[Extracted records — start]

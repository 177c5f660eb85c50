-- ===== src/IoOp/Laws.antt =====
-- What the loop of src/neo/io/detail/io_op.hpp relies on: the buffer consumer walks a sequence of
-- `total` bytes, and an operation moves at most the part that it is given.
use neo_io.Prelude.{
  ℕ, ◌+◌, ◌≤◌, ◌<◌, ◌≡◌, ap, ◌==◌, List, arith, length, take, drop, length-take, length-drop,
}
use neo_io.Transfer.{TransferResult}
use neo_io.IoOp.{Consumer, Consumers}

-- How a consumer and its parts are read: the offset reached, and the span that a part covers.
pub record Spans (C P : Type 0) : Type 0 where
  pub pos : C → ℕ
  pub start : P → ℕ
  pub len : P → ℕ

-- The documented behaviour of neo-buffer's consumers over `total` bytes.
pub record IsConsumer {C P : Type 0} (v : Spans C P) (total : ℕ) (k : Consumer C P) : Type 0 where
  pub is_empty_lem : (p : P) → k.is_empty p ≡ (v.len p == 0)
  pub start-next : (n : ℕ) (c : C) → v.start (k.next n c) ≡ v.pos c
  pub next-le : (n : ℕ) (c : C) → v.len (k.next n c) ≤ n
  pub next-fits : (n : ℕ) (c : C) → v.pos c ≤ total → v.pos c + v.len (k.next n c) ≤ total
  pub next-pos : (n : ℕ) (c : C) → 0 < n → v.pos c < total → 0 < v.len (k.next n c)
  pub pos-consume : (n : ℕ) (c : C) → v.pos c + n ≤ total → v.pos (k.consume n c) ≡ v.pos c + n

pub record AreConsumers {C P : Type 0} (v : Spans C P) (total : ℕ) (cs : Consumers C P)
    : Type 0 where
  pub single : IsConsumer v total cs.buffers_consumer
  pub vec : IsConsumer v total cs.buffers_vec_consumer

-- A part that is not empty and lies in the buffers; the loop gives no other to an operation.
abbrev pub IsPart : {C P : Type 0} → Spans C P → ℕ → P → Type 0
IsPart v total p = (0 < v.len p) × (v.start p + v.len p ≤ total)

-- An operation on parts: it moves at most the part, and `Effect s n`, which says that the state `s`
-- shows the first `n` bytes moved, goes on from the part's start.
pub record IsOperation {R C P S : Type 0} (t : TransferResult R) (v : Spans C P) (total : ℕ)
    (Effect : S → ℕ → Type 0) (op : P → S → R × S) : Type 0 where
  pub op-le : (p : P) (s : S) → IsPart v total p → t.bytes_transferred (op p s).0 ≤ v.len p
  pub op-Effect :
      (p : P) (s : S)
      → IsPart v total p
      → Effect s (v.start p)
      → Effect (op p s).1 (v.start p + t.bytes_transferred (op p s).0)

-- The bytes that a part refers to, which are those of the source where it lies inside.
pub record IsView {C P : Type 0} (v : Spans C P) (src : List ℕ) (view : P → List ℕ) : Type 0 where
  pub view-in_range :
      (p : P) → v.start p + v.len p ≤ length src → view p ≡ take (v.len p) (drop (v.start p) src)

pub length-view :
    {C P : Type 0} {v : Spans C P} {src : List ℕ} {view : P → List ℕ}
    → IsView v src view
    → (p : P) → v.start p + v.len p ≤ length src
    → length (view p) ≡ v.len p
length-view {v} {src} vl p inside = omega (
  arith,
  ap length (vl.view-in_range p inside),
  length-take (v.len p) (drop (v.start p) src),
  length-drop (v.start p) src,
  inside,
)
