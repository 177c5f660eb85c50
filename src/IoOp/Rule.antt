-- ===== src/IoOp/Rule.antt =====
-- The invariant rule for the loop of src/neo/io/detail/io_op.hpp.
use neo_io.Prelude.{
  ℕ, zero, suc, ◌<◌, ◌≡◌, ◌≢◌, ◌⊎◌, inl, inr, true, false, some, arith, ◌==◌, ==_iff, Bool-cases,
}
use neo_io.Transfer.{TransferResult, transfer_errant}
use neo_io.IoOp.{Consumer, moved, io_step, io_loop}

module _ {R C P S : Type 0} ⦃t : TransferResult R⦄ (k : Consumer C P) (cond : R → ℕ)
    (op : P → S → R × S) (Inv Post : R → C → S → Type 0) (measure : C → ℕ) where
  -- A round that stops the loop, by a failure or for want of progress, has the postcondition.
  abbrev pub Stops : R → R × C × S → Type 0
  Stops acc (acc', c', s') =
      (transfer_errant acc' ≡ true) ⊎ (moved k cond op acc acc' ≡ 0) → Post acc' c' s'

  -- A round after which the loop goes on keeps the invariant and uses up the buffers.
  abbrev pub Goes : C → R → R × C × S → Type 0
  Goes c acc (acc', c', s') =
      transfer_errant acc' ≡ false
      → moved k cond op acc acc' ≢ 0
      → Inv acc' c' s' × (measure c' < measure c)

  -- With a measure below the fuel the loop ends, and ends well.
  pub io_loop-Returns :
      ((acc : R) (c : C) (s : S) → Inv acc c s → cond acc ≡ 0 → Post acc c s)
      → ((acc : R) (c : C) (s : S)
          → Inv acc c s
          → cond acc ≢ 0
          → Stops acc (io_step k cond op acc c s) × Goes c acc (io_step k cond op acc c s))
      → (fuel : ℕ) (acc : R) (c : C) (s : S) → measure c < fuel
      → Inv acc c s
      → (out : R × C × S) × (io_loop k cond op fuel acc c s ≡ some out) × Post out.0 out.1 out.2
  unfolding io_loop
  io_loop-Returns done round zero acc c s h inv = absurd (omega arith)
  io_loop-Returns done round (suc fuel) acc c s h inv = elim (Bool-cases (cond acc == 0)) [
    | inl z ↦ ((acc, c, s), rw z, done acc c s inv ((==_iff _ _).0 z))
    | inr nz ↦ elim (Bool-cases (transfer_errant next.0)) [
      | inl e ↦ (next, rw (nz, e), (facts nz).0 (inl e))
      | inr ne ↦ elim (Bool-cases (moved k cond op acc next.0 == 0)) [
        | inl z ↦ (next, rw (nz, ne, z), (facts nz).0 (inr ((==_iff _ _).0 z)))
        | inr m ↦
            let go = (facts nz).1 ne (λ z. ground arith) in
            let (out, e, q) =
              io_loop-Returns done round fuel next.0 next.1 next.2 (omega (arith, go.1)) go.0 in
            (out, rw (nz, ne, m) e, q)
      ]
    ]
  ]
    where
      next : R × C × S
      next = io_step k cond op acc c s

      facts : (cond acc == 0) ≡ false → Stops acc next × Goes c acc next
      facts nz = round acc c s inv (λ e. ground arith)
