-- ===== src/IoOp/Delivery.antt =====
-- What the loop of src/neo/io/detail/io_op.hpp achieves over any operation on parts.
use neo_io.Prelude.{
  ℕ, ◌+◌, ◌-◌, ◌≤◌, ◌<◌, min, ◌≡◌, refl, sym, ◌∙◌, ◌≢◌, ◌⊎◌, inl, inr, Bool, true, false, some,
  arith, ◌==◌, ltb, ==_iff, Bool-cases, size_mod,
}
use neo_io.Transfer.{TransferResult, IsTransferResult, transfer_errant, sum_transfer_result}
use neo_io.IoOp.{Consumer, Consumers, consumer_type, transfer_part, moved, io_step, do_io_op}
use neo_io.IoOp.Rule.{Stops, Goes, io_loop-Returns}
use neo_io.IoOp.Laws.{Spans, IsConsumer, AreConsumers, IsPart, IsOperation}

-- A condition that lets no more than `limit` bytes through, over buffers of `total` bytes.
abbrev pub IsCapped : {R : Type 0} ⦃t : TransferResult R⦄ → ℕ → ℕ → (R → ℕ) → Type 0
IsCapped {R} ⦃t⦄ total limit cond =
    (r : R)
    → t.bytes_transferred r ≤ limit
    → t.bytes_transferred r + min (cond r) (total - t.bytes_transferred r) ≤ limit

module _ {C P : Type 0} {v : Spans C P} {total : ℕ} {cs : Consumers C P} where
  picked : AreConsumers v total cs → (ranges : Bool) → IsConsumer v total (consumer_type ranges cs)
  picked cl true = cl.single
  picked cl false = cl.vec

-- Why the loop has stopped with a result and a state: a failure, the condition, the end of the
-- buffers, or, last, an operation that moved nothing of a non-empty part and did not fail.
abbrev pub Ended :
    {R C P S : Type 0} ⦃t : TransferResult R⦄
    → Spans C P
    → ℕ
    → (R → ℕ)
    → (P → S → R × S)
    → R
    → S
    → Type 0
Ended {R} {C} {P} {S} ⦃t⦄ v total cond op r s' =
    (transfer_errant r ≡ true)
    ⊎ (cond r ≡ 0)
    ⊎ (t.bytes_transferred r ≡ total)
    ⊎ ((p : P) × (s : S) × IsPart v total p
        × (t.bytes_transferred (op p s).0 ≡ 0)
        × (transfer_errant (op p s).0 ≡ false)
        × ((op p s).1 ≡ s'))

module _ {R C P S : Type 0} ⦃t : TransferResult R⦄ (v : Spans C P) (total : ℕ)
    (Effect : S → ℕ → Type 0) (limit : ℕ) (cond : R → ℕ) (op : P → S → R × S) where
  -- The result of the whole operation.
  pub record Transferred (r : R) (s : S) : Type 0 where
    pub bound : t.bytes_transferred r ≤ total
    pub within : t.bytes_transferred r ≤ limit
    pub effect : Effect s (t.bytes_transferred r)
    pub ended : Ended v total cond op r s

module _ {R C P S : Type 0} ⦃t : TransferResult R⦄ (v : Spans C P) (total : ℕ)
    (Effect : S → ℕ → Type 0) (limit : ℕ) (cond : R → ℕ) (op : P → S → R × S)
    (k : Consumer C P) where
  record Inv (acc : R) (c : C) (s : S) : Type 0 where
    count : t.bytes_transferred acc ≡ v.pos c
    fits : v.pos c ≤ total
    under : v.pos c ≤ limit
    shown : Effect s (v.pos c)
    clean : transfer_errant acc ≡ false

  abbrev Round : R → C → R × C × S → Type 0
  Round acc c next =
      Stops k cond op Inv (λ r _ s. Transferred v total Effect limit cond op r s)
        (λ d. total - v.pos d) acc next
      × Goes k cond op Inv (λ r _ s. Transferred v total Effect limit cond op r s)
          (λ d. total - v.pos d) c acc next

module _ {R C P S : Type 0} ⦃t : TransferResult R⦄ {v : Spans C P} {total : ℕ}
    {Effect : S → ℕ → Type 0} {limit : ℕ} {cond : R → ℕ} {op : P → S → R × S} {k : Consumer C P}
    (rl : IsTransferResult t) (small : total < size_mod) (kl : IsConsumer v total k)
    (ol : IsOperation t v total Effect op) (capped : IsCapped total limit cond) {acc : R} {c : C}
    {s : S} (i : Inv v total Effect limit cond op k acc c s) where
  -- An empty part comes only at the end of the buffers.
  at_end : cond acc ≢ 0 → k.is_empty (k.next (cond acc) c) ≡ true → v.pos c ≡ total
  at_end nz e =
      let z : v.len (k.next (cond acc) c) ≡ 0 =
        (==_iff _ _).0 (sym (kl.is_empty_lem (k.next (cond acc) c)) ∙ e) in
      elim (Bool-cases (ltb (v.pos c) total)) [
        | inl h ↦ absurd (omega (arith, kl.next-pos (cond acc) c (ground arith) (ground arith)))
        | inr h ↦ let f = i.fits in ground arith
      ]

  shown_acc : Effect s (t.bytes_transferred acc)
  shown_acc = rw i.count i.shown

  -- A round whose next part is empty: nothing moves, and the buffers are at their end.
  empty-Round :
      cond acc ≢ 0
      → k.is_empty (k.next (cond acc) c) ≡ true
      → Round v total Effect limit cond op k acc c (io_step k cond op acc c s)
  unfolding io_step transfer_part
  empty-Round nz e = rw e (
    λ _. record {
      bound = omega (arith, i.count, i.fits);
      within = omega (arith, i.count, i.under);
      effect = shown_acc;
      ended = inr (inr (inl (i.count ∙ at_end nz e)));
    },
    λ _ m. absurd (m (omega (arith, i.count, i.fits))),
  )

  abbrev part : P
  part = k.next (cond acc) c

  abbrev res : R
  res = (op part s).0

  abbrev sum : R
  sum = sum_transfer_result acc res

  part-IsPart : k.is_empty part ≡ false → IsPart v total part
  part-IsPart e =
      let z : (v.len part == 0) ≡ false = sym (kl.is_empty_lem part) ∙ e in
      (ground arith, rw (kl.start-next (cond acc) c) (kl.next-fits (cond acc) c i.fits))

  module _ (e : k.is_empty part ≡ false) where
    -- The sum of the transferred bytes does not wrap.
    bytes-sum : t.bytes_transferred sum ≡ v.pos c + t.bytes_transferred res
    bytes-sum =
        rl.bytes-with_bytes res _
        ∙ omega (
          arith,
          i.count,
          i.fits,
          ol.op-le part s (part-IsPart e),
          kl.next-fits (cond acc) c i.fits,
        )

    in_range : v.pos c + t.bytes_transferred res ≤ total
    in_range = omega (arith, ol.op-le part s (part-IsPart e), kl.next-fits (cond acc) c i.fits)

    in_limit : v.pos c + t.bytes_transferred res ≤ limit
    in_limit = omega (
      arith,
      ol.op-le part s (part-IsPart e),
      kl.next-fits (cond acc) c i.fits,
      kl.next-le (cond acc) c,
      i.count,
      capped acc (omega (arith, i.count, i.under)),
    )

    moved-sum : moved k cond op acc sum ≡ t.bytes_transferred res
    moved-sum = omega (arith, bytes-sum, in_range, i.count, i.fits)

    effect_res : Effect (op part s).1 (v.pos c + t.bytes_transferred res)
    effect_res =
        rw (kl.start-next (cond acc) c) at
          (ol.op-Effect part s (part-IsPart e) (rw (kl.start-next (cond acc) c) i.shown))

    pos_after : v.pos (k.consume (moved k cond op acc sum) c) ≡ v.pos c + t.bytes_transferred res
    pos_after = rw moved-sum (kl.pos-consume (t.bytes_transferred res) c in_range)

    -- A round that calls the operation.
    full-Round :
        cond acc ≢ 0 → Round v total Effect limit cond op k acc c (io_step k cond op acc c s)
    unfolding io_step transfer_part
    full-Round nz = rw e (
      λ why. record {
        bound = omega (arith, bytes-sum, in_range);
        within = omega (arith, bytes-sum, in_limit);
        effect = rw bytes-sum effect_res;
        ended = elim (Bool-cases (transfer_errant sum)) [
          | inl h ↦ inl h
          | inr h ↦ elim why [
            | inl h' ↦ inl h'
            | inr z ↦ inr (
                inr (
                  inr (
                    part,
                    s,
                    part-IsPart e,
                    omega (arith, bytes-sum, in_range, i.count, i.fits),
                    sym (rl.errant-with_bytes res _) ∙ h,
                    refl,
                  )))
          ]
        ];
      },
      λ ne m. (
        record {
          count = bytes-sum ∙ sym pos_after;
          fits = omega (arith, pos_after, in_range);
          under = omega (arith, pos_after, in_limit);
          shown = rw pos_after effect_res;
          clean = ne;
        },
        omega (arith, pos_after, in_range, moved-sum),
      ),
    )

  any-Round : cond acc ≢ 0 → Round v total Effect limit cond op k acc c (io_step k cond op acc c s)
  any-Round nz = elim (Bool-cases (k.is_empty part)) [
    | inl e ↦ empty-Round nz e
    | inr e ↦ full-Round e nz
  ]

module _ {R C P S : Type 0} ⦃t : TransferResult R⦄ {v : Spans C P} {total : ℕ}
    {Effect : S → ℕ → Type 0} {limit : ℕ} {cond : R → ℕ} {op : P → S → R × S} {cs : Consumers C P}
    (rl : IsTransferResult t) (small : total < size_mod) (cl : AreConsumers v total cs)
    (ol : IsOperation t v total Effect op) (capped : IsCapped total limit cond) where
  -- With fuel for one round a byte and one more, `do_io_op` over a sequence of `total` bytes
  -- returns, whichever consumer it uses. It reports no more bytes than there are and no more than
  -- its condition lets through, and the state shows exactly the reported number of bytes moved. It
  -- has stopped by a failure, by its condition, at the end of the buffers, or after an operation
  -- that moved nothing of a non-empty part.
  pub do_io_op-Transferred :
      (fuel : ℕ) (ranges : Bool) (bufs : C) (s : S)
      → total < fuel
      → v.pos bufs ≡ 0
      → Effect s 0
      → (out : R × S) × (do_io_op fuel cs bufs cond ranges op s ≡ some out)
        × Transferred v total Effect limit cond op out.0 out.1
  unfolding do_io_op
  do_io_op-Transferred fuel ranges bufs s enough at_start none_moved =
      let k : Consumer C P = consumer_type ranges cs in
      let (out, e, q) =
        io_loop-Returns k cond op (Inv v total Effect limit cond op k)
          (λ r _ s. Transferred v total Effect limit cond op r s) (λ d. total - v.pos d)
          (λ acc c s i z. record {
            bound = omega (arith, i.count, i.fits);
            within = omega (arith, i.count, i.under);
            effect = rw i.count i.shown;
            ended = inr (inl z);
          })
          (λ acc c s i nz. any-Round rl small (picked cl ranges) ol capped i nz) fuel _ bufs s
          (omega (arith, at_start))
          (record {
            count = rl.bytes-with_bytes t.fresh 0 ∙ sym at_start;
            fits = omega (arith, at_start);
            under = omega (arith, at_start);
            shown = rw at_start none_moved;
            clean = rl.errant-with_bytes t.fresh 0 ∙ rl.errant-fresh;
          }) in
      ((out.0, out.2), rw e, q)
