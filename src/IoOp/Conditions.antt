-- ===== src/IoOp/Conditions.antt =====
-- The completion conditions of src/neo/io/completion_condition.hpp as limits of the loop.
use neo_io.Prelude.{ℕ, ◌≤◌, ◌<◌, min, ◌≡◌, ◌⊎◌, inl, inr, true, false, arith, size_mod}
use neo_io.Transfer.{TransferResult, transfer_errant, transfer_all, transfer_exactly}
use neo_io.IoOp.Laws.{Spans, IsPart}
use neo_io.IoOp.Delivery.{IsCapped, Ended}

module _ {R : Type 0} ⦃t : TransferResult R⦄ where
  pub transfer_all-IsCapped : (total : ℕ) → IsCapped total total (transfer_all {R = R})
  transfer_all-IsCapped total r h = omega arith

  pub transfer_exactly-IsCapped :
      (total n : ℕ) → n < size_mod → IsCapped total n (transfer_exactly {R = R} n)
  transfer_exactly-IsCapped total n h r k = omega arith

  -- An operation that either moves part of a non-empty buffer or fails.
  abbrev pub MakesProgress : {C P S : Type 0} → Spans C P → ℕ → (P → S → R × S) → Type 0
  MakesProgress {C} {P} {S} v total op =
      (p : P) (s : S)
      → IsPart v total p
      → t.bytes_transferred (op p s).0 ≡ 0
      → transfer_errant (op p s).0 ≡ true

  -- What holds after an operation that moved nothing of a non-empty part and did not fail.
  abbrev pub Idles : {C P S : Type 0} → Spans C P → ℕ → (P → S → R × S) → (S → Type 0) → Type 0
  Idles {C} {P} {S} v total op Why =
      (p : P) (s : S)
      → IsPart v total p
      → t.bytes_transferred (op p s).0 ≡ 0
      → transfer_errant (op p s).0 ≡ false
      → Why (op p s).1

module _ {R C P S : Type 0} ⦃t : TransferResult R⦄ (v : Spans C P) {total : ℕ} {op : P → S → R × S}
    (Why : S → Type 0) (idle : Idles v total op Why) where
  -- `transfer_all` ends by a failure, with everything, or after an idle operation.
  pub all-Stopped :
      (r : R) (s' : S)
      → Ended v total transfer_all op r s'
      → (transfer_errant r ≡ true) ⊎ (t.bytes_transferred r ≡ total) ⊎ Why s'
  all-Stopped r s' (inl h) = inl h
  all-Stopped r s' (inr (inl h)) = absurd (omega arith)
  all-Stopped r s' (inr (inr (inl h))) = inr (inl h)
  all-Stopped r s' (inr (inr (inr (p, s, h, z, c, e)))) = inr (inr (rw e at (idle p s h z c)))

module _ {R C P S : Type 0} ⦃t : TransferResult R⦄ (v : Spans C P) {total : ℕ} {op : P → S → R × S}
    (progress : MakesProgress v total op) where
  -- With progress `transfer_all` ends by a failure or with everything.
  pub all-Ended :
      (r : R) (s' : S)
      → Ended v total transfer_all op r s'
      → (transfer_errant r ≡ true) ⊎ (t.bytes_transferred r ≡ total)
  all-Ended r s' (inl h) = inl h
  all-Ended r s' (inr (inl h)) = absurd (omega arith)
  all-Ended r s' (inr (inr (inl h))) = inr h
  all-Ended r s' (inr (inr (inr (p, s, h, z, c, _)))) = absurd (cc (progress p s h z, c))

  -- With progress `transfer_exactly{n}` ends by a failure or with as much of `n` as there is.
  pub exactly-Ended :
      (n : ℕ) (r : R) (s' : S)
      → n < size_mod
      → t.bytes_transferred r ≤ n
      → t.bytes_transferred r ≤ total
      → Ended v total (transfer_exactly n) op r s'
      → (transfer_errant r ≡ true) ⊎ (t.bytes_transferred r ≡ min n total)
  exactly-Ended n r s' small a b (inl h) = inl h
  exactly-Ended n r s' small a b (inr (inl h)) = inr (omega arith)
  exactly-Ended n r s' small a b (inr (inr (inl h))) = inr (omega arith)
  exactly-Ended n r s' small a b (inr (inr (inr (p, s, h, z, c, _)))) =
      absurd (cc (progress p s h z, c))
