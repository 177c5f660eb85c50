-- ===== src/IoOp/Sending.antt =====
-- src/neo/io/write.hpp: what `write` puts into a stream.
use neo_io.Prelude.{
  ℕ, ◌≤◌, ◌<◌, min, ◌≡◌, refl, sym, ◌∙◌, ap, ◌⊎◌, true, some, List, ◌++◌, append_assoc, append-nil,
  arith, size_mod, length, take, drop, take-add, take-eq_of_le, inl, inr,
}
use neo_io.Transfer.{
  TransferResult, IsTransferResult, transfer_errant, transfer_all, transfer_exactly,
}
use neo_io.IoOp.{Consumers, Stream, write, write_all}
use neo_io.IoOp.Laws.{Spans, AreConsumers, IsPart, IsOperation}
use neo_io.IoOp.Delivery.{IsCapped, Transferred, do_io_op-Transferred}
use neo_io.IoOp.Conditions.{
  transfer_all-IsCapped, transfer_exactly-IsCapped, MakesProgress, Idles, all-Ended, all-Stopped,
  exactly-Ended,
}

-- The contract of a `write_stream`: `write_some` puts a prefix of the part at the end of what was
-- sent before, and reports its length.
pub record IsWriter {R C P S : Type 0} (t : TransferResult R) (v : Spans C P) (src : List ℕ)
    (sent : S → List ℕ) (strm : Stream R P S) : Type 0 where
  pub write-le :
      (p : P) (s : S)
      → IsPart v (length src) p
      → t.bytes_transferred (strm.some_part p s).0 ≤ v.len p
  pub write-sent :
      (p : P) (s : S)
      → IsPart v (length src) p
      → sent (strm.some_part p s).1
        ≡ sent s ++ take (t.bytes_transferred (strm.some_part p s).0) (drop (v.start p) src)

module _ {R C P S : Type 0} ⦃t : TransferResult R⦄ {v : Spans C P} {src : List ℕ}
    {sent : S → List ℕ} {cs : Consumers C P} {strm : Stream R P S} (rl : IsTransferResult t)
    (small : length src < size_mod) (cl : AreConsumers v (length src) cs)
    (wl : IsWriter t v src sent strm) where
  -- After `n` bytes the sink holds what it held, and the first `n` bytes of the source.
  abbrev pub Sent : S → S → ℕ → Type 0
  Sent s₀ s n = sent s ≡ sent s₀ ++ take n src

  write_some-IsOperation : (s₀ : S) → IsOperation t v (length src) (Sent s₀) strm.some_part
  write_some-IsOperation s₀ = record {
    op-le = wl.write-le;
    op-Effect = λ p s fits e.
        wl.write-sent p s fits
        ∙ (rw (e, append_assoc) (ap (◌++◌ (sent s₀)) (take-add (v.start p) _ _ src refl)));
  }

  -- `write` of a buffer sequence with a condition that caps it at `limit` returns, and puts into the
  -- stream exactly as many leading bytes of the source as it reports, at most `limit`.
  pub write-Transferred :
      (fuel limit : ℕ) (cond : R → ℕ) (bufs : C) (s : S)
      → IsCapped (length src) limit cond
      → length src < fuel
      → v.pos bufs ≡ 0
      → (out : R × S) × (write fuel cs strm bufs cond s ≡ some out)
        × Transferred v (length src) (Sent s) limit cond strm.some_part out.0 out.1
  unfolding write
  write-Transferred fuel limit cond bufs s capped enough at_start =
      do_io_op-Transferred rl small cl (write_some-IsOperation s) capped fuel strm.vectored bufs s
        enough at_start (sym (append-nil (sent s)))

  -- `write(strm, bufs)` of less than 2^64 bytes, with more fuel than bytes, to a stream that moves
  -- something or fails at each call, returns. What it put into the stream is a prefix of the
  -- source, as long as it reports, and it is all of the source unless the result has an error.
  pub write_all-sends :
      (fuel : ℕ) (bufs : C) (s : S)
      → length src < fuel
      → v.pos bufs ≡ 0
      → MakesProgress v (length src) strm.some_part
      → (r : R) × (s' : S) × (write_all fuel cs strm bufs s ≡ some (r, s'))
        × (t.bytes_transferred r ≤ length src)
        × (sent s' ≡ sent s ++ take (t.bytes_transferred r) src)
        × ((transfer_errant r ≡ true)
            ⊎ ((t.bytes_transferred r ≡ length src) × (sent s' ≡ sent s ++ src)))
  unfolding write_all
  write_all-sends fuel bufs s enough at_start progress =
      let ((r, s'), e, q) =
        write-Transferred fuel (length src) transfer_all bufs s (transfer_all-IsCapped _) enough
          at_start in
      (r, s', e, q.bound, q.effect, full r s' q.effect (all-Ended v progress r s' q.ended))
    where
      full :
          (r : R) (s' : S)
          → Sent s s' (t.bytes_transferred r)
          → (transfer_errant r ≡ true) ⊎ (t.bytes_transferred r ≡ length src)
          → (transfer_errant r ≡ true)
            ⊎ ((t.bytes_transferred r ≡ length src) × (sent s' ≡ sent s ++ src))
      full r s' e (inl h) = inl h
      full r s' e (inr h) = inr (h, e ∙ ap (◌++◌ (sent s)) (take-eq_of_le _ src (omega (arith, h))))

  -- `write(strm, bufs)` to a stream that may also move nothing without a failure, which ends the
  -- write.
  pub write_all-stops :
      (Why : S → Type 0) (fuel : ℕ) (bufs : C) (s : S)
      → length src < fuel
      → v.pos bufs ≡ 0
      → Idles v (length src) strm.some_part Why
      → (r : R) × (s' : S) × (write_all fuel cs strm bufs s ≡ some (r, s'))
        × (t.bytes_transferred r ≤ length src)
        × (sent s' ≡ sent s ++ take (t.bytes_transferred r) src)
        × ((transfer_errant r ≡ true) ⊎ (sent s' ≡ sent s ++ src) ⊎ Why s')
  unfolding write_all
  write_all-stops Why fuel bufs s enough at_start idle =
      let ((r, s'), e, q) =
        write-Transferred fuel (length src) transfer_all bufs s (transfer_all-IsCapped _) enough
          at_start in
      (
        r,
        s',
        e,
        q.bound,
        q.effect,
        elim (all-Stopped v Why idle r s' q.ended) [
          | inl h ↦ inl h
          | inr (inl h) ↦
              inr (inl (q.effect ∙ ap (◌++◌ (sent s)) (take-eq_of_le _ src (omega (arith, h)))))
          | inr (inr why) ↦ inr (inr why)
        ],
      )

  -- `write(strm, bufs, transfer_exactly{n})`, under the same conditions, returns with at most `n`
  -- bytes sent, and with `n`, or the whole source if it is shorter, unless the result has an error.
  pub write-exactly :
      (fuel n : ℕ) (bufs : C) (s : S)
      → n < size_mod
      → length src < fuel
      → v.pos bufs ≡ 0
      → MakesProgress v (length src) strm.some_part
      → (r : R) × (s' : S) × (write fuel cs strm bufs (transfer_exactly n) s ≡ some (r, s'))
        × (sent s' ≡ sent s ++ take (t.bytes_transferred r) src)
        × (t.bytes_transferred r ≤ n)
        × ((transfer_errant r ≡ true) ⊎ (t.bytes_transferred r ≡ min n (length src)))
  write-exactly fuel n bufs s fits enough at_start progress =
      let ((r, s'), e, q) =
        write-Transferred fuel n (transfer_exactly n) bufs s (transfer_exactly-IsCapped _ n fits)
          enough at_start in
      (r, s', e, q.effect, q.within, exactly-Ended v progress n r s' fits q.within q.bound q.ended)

[Extracted records — finish]

#### Problem requirements:
Read each line of the data and count the ones that include "holds", answering with the number alone.

#### Answer space:
2